To that end, `sknnr` ports and expands the functionality present in `yaImpute` into a Python package that helps facilitate intercomparison between k-nearest neighbor methods (and other built-in estimators from `scikit-learn`) using an API which is familiar to `scikit-learn` users.

## Acknowledgements

Thanks to Andrew Hudak (USDA Forest Service Rocky Mountain Research Station) for the inclusion of the [Moscow Mountain / St. Joes dataset](https://sknnr.readthedocs.io/en/latest/api/datasets/moscow_stjoes) (Hudak 2010), and the USDA Forest Service Region 6 Ecology Team for the inclusion of the [SWO Ecoplot dataset](https://sknnr.readthedocs.io/en/latest/api/datasets/swo_ecoplot) (Atzet et al., 1996). Development of this package was funded by:

- an appointment to the United States Forest Service (USFS) Research Participation Program administered by the Oak Ridge Institute for Science and Education (ORISE) through an interagency agreement between the U.S. Department of Energy (DOE) and the U.S. Department of Agriculture (USDA).
- a joint venture agreement between USFS Pacific Northwest Research Station and Oregon State University (agreement 19-JV-11261959-064).
- a cost-reimbursable agreement between USFS Region 6 and Oregon State University (agreeement 21-CR-11062756-046).

## References

- Atzet, T, DE White, LA McCrimmon, PA Martinez, PR Fong, and VD Randall. 1996. Field guide to the forested plant associations of southwestern Oregon. USDA Forest Service. Pacific Northwest Region, Technical Paper R6-NR-ECOL-TP-17-96.
- Crookston, NL, Finley, AO. 2008. yaImpute: An R package for kNN imputation. Journal of Statistical Software, 23(10), 16.
- Hudak, A.T. 2010. Field plot measures and predictive maps for "Nearest neighbor imputation of species-level, plot-scale forest structure attributes from LiDAR data". Fort Collins, CO: U.S. Department of Agriculture, Forest Service, Rocky Mountain Research Station. https://www.fs.usda.gov/rds/archive/Catalog/RDS-2010-0012.
- Moeur M, Stage AR. 1995. Most Similar Neighbor: An Improved Sampling Inference Procedure for Natural Resources Planning.
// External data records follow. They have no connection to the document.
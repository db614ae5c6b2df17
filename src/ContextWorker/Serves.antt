-- ===== src/ContextWorker/Serves.antt =====
-- That a worker keeps serving when nothing around it fails.
use process_manager_service.Prelude.{
  ap, ◌∙◌, >>=-Returns, Returns-result, All, Bool-cases, Bytes, List, Option, Option-cases, Outcome,
  Returns, [], arith, bytes_eq, false, inl, inr, map, none, refl, returned, some, true, ℕ, ◌∷◌, ◌≡◌,
  ◌⊎◌,
}
use process_manager_service.Event.{Any, Sender, Subscription}
use process_manager_service.MessageEventsCache
use process_manager_service.MessageEventsCache.Trigger.{answers, trigger_message_handlers_lem}
use process_manager_service.SubscriptionEventsCache
use process_manager_service.SubscriptionEventsCache.Delivery.{
  HasCallback, trigger_message_handlers-le,
}
use process_manager_service.MongoModulesCollection.{Document, ModuleRecord, QueryException}
use process_manager_service.ContextWorker.{
  WorkerException, ServiceMessage, Environment, ContextWorker, ReadResult, read_error, datagram,
  OperationCode, module_request, service_request, service_response, other, handle_module_request,
  handle_request, handle_message, complete_read, run,
}
use process_manager_service.ContextWorker.Reads.{IsReading, all_datagrams, is_datagram, run_step}
use process_manager_service.ContextWorker.Requests.{is_module_request, read_lem}
use process_manager_service.ContextWorker.Forwarding.{IsReachable}
use process_manager_service.ContextWorker.Answers.{handle_request_lem}

All-every : {A : Type 0} (P : A → Type 0) (xs : List A) → ((a : A) → P a) → All P xs
All-every P [] every = tt
All-every P (x ∷ xs) every = (every x, All-every P xs every)

operation_cases :
    (code : OperationCode) → (code ≡ module_request) ⊎ (is_module_request code ≡ false)
operation_cases module_request = inl refl
operation_cases service_request = inr refl
operation_cases service_response = inr refl
operation_cases (other n) = inr refl

module _ {W : Type 0} where
  add_subscriber-HasCallback :
      (n : ℕ) (type : Bytes) (events : List (Subscription W))
      → All HasCallback events
      → All HasCallback
          (SubscriptionEventsCache.add_subscriber n type (record { events = events })).events
  unfolding SubscriptionEventsCache.add_subscriber
  add_subscriber-HasCallback n type [] has = tt
  add_subscriber-HasCallback n type (event ∷ events) (one, has) = (
    elim (Bool-cases (bytes_eq event.message_type type)) [ inl e ↦ rw e one | inr e ↦ rw e one ],
    add_subscriber-HasCallback n type events has,
  )

module _ {W E : Type 0} where
  -- Nothing that a worker asks for fails: the database answers with good addresses, asio sends at
  -- once, and the handlers of the message events give no response.
  abbrev pub IsHealthy :
      (env : Environment E)
      → (ℕ → Outcome QueryException (Option Document))
      → (ℕ → Option ModuleRecord)
      → (ModuleRecord → E)
      → MessageEventsCache.MessageEventsCache W E
      → Type 0
  IsHealthy env find_one found address messages =
      (env.get_client ≡ returned find_one)
      × ((n : ℕ) → IsReachable env find_one found address n)
      × ((sender : Sender E) (any : Any) (w : W)
          → (answers sender any (map (λ e. e.1) messages.events) w).0 ≡ [])
      × (env.sends_at_once ≡ true)

  -- The worker reads, its subscription events have callbacks, and its message events are the given
  -- ones.
  abbrev pub Serving : MessageEventsCache.MessageEventsCache W E → ContextWorker W E → Type 0
  Serving messages c =
      IsReading c × All HasCallback c.subscription_events.events × (c.message_events ≡ messages)

  module _ (env : Environment E) (find_one : ℕ → Outcome QueryException (Option Document))
      (found : ℕ → Option ModuleRecord) (address : ModuleRecord → E)
      (messages : MessageEventsCache.MessageEventsCache W E)
      (healthy : IsHealthy env find_one found address messages) where
    handle_request-Serving :
        (sender : Sender E) (transaction : ℕ) (any : Any) (c : ContextWorker W E)
        → Serving messages c
        → Returns (handle_request env sender transaction any c) (Serving messages)
    handle_request-Serving sender transaction any c (reading, has, same) =
        let events = map (λ e. e.1) messages.events in
        let w : W = (answers sender any events c.world).1 in
        let answered : MessageEventsCache.trigger_message_handlers c.message_events sender any
              c.world
            ≡ returned ([], w) =
          rw same (
            trigger_message_handlers_lem sender any messages c.world
            ∙ ap (λ xs. returned (xs, w)) (healthy.2 sender any c.world)) in
        let ((requests, w'), triggered) =
          Returns-result _ _ (trigger_message_handlers-le 0 any c.subscription_events w has) in
        rw
          (handle_request_lem env find_one found address any c requests w w' reading.1 healthy.3
            healthy.0 triggered (All-every _ requests (λ request. healthy.1 request.0)) sender
            transaction answered)
          (reading, has, same)

    handle_module_request-Serving :
        (from : E) (m : ServiceMessage) (c : ContextWorker W E)
        → Serving messages c
        → Returns (handle_module_request env from m c) (Serving messages)
    unfolding handle_module_request
    handle_module_request-Serving from m c (reading, has, same) = elim (Option-cases m.request) [
      | inl no_request ↦ elim (Option-cases m.subscription_request) [
        | inl nothing ↦ rw (no_request, handle_module_request) (rw nothing (reading, has, same))
        | inr (type, subscribes) ↦
            rw (no_request, handle_module_request)
              (rw subscribes (
                reading,
                add_subscriber-HasCallback m.sender_identifier type c.subscription_events.events
                    has,
                same,
              ))
      ]
      | inr (any, requests) ↦
          rw (requests, handle_module_request)
            (handle_request-Serving
              (record { sender_identifier = m.sender_identifier; sender_endpoint = from })
              m.transaction_code any c (reading, has, same))
    ]

    handle_message-Serving :
        (from : E) (m : ServiceMessage) (c : ContextWorker W E)
        → Serving messages c
        → Returns (handle_message env from m c) (Serving messages)
    unfolding handle_message
    handle_message-Serving from m c serving = elim (operation_cases m.operation_code) [
      | inl is_request ↦
          rw (is_request, handle_message) (handle_module_request-Serving from m c serving)
      | inr other_kind ↦
          let nothing : handle_message env from m c ≡ returned c = ground arith in
          rw nothing serving
    ]

    pub handle_parsed-Serving :
        (from : E) (parsed : Option ServiceMessage) (c : ContextWorker W E)
        → Serving messages c
        → Returns
            (elim parsed as (λ x. Outcome WorkerException (ContextWorker W E)) [
              | none ↦ returned c
              | some m ↦ handle_message env from m c
            ])
            (Serving messages)
    handle_parsed-Serving from none c serving = serving
    handle_parsed-Serving from (some m) c serving = handle_message-Serving from m c serving

    complete_read-Serving :
        (result : ReadResult E) (c : ContextWorker W E)
        → Serving messages c
        → is_datagram result ≡ true
        → Returns (complete_read env result c) (Serving messages)
    complete_read-Serving read_error c serving arrived = absurd (ground arith)
    complete_read-Serving (datagram bytes from) c serving arrived =
        rw (read_lem env c bytes from _ serving.0 refl) (handle_parsed-Serving from _ c serving)

    -- A worker that reads, and whose subscription events have callbacks, takes any number of
    -- datagrams, whatever they are, if nothing around it fails: the client of the database is
    -- there, every module is unknown to the database or has a good address, the handlers of the
    -- message events give no response, whatever they are asked, and asio sends each datagram before
    -- `async_send_to` returns. No exception and no undefined behaviour ends the worker; afterwards
    -- it reads, its subscription events have callbacks, and its message events are the same.
    pub run-Serving :
        (results : List (ReadResult E)) (c : ContextWorker W E)
        → Serving messages c
        → all_datagrams results ≡ true
        → Returns (run env results c) (Serving messages)
    unfolding run
    run-Serving [] c serving arrived = serving
    run-Serving (result ∷ results) c serving arrived =
        rw (run_step env result results c serving.0.0) (
          >>=-Returns (complete_read env result c) _ (Serving messages) (Serving messages)
            (complete_read-Serving result c serving (ground arith))
            λ c' serving'. run-Serving results c' serving' (ground arith))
Forest Science, 41(2), 337–359.
- Ohmann JL, Gregory MJ. 2002. Predictive Mapping of Forest Composition and Structure with Direct Gradient Analysis and Nearest Neighbor Imputation in Coastal Oregon, USA. Canadian Journal of Forest Research, 32, 725–741.
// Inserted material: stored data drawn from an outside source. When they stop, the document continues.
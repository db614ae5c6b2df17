-- ===== src/ContextWorker/Overlap/Taking.antt =====
-- What a handler does with its own copies, and what `complete_read` does with its datagram.
use process_manager_service.Prelude.{
  ap₂, map-append, Bytes, List, Outcome, [], ap, arith, map, none, refl, returned, some, sym, true,
  threw, undefined, ℕ, ◌++◌, ◌>>=◌, ◌∙◌, ◌∷◌, ◌≡◌,
}
use process_manager_service.ContextWorker.{
  WorkerException, Environment, ContextWorker, ReadResult, datagram, take, start_read,
  handle_message, complete_read, run,
}
use process_manager_service.ContextWorker.Reads.{IsReading, run_step, run-append}
use process_manager_service.ContextWorker.Requests.{read_lem}
use process_manager_service.ContextWorker.Overlap.{handle_received}
use process_manager_service.ContextWorker.Overlap.Commutes.{with_reads, handle_message-Commutes}

abbrev pub datagrams : {E : Type 0} → List (Bytes × E) → List (ReadResult E)
datagrams ds = map (λ (bytes, from). datagram bytes from) ds

module _ {W E : Type 0} (env : Environment E) where
  pub handle_received-Commutes :
      (bytes : Bytes) (from : E) (r : ℕ) (c : ContextWorker W E)
      → handle_received env bytes from (with_reads r c)
        ≡ (handle_received env bytes from c >>= λ c'. returned (with_reads r c'))
  handle_received-Commutes bytes from r c =
      elim (env.parse_from_string bytes)
        as (λ x.
          (elim x [
            | none ↦ returned (with_reads r c)
            | some m ↦ handle_message env from m (with_reads r c)
          ])
          ≡ (elim x as (λ y. Outcome WorkerException (ContextWorker W E)) [
            | none ↦ returned c
            | some m ↦ handle_message env from m c
          ]
              >>= λ c'. returned (with_reads r c'))) [
                | none ↦ refl
                | some m ↦ handle_message-Commutes r env from m c
              ]

  pub restarted :
      (w c : ContextWorker W E)
      → w ≡ with_reads w.reads c
      → w.reads ≡ 0
      → c.socket ≡ true
      → start_read w ≡ with_reads 1 c
  unfolding start_read
  restarted w c same none_outstanding open_now =
      ap start_read (same ∙ ap (λ n. with_reads n c) none_outstanding) ∙ rw open_now refl

  pub result_before :
      (h : Outcome WorkerException (ContextWorker W E)) (r : ℕ) (w : ContextWorker W E)
      → (h >>= λ c. returned (with_reads r c)) ≡ returned w
      → (c : ContextWorker W E) × (h ≡ returned c) × (w ≡ with_reads w.reads c) × (w.reads ≡ r)
  result_before (returned c) r w e =
      let same : with_reads r c ≡ w = cc in (c, refl, ground arith, ground arith)
  result_before (threw x) r w e = absurd cc
  result_before undefined r w e = absurd cc

  pub run_one_more :
      (handled : List (Bytes × E)) (d : Bytes × E) (c0 c c' : ContextWorker W E)
      → run env (datagrams handled) c0 ≡ returned c
      → c.reads ≡ 1
      → complete_read env (datagram d.0 d.1) c ≡ returned c'
      → run env (datagrams (handled ++ d ∷ [])) c0 ≡ returned c'
  unfolding run
  run_one_more handled d c0 c c' ran reads took =
      ap (λ ds. run env ds c0) (map-append _ handled (d ∷ []))
      ∙ run-append env (datagrams handled) (datagrams (d ∷ [])) c0
      ∙ ap (λ h. h >>= λ x. run env (datagrams (d ∷ [])) x) ran
      ∙ run_step env (datagram d.0 d.1) [] c reads
      ∙ ap (λ h. h >>= λ x. returned x) took

  pub took_own :
      (bytes b : Bytes) (from f : E) (c c' : ContextWorker W E)
      → IsReading c
      → b ≡ take c.buffer_size bytes
      → f ≡ from
      → handle_received env b f c ≡ returned c'
      → complete_read env (datagram bytes from) c ≡ returned c'
  took_own bytes b from f c c' reading own_bytes own_endpoint handles =
      read_lem env c bytes from (env.parse_from_string (take c.buffer_size bytes)) reading refl
      ∙ ap₂ (λ x y. handle_received env x y c) (sym own_bytes) (sym own_endpoint)
      ∙ handles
[^imputation]: In a mapping context, kNN imputation refers to predicting feature values for a target from its k-nearest neighbors, and should not be confused with the usual `scikit-learn` usage as a pre-filling strategy for missing input data, e.g. [`KNNImputer`](https://scikit-learn.org/stable/modules/generated/sklearn.impute.KNNImputer.html).
[^rfnn]: In [development](https://github.com/lemma-osu/sknnr/issues/24)!
[^validation]: All estimators and parameters with equivalent functionality in `yaImpute` are tested to 3 decimal places against the R package.